Directions
Every line of the entries below from the one containing "begun).reply ≡ served answer" to the one containing "unfolding identify", both ends included, must be written out exactly. No other line belongs in the answer.

Supplied material
[Start of Attachment]
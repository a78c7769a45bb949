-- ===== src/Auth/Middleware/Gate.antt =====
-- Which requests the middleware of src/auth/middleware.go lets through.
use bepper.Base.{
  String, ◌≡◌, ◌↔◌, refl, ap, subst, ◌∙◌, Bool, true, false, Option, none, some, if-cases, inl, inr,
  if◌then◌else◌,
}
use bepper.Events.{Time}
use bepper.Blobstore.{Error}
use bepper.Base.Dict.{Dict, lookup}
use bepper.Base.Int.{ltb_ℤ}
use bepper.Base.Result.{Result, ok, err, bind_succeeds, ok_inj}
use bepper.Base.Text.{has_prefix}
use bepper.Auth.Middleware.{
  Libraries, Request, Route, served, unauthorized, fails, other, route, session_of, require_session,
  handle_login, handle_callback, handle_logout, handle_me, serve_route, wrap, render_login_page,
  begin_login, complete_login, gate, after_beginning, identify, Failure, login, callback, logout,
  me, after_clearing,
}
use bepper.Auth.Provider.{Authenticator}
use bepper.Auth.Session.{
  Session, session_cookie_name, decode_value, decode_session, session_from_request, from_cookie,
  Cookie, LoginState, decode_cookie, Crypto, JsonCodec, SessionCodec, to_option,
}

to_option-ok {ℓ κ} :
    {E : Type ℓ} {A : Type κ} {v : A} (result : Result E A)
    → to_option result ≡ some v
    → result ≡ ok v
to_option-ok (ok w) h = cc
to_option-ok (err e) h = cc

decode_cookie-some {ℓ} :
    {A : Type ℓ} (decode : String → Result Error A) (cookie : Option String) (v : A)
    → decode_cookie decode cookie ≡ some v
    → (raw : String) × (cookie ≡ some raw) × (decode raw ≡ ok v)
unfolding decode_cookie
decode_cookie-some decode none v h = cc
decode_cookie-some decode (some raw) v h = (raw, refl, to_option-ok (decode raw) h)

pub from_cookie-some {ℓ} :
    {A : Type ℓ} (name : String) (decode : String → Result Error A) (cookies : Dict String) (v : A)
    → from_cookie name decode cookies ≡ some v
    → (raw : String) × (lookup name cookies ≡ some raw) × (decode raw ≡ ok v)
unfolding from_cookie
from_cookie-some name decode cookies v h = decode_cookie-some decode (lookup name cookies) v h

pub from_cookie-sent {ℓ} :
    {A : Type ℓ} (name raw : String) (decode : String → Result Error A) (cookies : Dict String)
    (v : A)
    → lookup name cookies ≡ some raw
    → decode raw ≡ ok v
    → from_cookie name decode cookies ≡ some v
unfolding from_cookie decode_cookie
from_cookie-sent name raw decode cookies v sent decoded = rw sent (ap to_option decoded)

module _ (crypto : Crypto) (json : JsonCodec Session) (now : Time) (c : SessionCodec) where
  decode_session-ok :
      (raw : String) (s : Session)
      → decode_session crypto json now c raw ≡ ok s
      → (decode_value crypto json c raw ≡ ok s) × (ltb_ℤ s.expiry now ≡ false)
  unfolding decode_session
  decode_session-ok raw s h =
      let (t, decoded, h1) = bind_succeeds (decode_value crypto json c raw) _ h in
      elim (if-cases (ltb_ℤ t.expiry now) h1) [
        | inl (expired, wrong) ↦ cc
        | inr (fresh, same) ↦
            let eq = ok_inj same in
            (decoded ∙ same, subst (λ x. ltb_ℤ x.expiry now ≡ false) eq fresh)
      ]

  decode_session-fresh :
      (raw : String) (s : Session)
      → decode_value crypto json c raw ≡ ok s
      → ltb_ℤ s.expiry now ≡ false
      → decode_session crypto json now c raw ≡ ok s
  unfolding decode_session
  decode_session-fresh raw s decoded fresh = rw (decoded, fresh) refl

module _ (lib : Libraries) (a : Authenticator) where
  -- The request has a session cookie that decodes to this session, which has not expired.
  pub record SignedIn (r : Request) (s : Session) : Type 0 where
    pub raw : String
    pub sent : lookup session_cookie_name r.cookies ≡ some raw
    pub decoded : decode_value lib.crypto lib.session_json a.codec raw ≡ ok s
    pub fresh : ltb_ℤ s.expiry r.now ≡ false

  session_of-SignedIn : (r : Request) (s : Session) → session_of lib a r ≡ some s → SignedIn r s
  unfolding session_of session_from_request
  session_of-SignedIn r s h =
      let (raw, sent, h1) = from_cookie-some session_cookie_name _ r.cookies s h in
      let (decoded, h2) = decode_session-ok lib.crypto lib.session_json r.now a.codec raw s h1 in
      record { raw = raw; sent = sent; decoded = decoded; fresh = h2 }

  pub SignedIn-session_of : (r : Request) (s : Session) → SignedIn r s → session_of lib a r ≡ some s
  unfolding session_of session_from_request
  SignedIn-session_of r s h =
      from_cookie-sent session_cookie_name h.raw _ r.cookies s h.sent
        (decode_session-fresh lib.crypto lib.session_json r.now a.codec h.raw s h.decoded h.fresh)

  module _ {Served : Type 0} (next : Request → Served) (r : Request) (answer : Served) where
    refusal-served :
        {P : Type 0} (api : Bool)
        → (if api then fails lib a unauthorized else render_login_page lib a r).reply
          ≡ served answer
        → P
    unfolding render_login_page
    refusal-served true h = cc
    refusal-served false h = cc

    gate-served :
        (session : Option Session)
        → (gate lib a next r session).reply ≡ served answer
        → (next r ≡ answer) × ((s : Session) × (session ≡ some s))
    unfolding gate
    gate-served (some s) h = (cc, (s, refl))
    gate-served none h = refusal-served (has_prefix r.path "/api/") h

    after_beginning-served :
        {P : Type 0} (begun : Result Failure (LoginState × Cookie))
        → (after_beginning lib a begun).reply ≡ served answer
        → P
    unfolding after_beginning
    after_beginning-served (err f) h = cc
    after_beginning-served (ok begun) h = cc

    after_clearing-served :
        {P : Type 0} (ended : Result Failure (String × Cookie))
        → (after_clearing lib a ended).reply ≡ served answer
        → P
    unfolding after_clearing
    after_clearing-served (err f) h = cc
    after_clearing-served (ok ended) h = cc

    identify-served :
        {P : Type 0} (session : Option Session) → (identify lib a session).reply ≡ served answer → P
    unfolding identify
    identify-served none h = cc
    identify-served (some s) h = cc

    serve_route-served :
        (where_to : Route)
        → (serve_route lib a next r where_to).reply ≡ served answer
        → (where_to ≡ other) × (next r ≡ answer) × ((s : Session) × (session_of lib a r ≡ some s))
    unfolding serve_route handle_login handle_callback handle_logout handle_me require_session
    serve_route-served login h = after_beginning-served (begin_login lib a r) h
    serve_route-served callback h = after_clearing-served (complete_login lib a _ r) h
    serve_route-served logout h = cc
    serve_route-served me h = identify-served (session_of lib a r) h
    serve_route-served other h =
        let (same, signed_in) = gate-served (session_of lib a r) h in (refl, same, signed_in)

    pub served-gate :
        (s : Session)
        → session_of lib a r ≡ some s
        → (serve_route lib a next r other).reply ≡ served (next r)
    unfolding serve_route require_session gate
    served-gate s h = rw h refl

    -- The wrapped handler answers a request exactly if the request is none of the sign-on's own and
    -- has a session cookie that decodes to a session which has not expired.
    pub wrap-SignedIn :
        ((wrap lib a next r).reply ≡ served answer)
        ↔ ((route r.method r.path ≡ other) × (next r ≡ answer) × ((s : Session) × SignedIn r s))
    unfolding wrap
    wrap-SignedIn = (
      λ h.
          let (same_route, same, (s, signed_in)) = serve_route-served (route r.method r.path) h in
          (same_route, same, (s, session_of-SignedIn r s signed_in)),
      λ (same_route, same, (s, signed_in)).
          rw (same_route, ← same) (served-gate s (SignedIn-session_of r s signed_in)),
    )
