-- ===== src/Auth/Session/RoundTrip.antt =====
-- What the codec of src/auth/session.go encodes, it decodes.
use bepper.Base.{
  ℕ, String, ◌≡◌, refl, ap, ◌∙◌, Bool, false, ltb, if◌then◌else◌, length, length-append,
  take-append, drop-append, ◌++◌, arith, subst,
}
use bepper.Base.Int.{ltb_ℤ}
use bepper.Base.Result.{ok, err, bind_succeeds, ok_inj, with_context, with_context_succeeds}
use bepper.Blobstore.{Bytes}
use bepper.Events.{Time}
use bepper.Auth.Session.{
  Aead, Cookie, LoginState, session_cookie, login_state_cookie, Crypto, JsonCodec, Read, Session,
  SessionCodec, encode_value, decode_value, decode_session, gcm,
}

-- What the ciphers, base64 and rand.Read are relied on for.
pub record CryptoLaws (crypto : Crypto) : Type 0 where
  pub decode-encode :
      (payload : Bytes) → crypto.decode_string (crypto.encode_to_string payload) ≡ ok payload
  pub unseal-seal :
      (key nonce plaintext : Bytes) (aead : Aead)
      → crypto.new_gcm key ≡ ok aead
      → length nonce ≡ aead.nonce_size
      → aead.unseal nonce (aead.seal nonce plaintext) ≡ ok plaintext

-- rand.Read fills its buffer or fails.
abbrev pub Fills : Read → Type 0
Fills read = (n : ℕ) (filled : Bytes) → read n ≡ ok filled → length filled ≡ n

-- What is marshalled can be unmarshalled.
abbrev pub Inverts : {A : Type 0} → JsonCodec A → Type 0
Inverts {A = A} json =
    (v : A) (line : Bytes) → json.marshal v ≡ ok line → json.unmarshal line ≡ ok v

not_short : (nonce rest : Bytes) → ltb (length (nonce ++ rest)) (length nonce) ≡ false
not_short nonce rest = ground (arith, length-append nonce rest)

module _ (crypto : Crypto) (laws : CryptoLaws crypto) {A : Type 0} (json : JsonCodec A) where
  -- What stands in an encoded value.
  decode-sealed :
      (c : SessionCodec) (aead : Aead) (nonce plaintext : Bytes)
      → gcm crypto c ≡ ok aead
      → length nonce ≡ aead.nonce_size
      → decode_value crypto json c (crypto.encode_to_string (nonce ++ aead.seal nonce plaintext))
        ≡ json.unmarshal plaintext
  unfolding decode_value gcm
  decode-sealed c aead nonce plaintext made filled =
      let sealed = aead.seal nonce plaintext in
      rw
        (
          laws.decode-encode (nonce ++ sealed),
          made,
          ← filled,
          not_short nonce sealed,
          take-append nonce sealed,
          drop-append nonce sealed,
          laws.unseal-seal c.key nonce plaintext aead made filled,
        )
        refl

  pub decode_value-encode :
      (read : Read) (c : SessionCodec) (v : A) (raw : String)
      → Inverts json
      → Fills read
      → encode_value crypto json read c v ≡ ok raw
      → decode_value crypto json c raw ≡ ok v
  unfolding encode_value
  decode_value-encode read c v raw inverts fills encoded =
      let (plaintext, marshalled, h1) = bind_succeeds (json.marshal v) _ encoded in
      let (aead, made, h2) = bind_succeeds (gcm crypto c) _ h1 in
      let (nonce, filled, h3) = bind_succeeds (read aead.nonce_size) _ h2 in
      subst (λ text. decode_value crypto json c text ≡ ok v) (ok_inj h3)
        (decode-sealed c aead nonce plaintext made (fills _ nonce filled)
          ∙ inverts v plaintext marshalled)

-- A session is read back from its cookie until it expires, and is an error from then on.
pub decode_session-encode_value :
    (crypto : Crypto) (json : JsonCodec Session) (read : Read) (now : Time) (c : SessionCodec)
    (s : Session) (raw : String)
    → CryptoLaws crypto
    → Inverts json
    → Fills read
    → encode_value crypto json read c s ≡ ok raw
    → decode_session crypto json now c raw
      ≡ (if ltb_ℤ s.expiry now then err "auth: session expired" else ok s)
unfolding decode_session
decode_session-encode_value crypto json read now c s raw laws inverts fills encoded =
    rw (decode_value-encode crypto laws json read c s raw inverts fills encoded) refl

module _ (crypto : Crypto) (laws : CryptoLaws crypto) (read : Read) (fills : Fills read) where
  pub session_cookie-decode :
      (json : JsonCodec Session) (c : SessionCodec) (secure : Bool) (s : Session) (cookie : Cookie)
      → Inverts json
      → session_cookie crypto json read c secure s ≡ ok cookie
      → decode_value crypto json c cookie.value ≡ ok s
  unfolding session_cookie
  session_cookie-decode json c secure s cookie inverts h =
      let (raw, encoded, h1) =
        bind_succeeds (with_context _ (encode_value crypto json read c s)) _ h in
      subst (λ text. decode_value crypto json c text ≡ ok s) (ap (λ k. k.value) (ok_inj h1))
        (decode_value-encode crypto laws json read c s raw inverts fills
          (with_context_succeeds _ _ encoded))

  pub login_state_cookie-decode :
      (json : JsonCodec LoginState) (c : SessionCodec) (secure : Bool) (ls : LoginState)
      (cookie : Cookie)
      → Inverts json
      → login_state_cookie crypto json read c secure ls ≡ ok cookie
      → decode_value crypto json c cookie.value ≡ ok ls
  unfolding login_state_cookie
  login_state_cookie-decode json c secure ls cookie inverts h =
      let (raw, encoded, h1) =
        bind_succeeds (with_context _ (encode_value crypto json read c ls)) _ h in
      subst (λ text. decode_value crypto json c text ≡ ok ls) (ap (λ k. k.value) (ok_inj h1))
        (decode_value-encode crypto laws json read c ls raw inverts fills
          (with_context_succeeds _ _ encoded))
[End of Attachment]
Answer area
        → (after_beginning lib a begun).reply ≡ served answer
        → P
    unfolding after_beginning
    after_beginning-served (err f) h = cc
    after_beginning-served (ok begun) h = cc

    after_clearing-served :
        {P : Type 0} (ended : Result Failure (String × Cookie))
        → (after_clearing lib a ended).reply ≡ served answer
        → P
    unfolding after_clearing
    after_clearing-served (err f) h = cc
    after_clearing-served (ok ended) h = cc

    identify-served :
        {P : Type 0} (session : Option Session) → (identify lib a session).reply ≡ served answer → P
    unfolding identify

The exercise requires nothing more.